DATA PROVIDED START
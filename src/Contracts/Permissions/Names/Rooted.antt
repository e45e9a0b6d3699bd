-- ===== src/Contracts/Permissions/Names/Rooted.antt =====
-- Canonical paths begin at the root.
use tego_next.Base.{
  Text, true, ◌≡◌, ◌∷◌, [], ok, arith, >>=-eq-ok, guard->>-eq-ok, ok-injective, subst,
}
use tego_next.Contracts.Permissions.Input.{Input, string_at}
use tego_next.Contracts.Permissions.Names.{
  canonical_root, starts_with_slash, ends_with, is_absolute, has_good_segments, drop_end_slash,
}

drop_end_slash-slash :
    (t : Text) → starts_with_slash t ≡ true → starts_with_slash (drop_end_slash t) ≡ true
unfolding starts_with_slash ends_with drop_end_slash
drop_end_slash-slash [] h = cc
drop_end_slash-slash (c ∷ []) h = ground arith
drop_end_slash-slash (c ∷ d ∷ t) h = ground arith

is_absolute-slash : (t : Text) → is_absolute t ≡ true → starts_with_slash t ≡ true
unfolding is_absolute
is_absolute-slash t h = ground arith

pub canonical_root-slash :
    (v : Input) (p : Text) → canonical_root v ≡ ok p → starts_with_slash p ≡ true
unfolding canonical_root
canonical_root-slash v p h =
    let (source, s, h₁) = >>=-eq-ok (string_at v) _ h in
    let (absolute, h₂) = guard->>-eq-ok (is_absolute source) _ _ h₁ in
    let (_, h₃) = guard->>-eq-ok (has_good_segments source) _ _ h₂ in
    subst (λ q. starts_with_slash q ≡ true) (ok-injective h₃)
      (drop_end_slash-slash source (is_absolute-slash source absolute))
DATA PROVIDED END
Please copy the lines in the records above between the one holding "unfolding canonical_root" and the one holding "let (_, h₃)", inclusive, exactly and with no other line.

unfolding canonical_root
canonical_root-slash v p h =
    let (source, s, h₁) = >>=-eq-ok (string_at v) _ h in
    let (absolute, h₂) = guard->>-eq-ok (is_absolute source) _ _ h₁ in
    let (_, h₃) = guard->>-eq-ok (has_good_segments source) _ _ h₂ in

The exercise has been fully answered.